• Task requirements
Within the data below, tally the lines that contain "named" and state only the total.

• Data
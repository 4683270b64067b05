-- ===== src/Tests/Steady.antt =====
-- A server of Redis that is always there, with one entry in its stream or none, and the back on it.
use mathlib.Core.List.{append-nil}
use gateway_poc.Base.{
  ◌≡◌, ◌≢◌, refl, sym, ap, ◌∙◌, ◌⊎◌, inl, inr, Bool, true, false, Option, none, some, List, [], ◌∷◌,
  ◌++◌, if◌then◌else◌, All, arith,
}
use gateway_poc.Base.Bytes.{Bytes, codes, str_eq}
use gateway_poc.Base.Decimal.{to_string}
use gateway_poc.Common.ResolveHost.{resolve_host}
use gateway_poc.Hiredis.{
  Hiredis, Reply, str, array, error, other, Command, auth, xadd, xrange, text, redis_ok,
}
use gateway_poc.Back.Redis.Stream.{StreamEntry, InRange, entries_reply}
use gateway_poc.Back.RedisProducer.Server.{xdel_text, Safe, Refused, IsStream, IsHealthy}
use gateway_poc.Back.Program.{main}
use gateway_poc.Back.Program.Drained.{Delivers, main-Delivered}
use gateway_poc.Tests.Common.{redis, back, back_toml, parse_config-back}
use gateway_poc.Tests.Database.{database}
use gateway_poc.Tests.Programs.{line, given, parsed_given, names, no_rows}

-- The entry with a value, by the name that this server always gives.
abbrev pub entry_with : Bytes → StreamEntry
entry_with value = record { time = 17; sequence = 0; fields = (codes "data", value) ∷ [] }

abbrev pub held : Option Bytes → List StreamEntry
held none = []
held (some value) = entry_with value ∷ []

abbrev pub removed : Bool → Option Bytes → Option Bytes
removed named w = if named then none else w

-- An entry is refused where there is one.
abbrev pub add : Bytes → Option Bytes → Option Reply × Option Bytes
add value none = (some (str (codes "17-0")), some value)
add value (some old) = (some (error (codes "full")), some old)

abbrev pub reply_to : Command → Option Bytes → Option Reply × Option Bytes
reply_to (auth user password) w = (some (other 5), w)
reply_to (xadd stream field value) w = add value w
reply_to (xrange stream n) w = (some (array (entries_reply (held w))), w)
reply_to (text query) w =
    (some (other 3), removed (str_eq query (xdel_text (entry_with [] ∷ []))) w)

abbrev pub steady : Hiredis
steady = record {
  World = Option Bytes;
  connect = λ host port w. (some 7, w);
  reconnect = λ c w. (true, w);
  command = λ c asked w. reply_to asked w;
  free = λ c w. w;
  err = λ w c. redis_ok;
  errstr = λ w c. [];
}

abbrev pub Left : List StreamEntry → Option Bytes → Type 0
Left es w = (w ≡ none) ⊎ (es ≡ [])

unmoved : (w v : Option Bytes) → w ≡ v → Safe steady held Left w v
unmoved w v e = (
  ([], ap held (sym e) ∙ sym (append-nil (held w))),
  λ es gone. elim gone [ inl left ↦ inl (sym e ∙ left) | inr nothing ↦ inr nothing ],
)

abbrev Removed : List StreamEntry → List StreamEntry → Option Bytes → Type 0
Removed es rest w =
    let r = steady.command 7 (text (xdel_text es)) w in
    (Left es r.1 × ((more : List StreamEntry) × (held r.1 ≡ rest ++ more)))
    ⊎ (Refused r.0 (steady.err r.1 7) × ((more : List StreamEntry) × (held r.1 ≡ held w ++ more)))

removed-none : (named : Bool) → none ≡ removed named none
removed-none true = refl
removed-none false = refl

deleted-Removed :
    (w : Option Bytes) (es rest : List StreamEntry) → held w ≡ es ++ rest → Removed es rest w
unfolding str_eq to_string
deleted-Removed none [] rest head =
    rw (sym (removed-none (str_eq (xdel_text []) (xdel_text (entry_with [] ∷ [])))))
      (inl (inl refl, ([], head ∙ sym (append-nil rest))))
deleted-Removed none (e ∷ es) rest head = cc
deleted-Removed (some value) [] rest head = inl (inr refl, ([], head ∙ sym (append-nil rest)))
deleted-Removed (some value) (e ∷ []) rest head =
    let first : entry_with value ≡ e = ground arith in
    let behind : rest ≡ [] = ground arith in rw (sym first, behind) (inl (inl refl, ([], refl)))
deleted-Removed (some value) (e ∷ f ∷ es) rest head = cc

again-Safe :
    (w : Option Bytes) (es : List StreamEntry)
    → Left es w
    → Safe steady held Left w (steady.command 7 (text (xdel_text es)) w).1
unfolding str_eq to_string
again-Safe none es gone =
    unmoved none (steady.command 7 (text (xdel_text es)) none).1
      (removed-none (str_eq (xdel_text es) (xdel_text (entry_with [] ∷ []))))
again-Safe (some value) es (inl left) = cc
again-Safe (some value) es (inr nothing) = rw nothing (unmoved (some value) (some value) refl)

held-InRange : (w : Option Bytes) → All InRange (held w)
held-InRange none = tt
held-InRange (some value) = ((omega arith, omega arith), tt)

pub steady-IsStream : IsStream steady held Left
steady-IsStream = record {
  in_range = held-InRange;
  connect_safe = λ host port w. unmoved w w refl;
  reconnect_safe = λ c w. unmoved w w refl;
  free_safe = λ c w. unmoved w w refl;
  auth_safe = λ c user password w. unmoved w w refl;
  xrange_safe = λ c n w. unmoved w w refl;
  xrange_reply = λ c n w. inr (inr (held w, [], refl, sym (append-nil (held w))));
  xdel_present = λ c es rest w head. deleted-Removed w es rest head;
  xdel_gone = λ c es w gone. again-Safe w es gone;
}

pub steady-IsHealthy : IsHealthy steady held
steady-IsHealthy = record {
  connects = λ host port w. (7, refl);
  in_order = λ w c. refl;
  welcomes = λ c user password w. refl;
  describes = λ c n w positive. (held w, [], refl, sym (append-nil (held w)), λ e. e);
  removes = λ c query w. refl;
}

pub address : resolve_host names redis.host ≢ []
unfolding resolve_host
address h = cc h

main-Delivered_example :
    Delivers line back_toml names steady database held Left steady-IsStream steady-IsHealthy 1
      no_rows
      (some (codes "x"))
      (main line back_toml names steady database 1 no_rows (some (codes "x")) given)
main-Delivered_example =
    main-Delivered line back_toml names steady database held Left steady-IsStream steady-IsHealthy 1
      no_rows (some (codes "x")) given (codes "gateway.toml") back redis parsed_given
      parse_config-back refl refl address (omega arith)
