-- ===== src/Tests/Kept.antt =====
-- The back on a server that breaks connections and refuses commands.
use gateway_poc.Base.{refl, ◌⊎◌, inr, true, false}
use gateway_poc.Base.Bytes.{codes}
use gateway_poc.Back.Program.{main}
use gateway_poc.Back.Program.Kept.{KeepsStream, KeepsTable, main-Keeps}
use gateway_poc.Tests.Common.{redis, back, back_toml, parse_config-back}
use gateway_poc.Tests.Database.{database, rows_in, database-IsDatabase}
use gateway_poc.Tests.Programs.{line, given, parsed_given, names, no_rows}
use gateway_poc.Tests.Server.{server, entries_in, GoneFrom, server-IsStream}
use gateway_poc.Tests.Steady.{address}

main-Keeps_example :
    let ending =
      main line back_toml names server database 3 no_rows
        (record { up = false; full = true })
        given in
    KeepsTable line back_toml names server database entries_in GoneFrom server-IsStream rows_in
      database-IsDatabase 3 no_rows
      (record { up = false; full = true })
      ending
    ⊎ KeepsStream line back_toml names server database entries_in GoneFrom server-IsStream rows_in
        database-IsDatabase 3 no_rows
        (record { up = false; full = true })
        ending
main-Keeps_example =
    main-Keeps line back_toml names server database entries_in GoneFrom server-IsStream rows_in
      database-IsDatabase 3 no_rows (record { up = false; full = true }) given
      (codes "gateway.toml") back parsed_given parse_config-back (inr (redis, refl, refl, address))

• Result of this exercise
2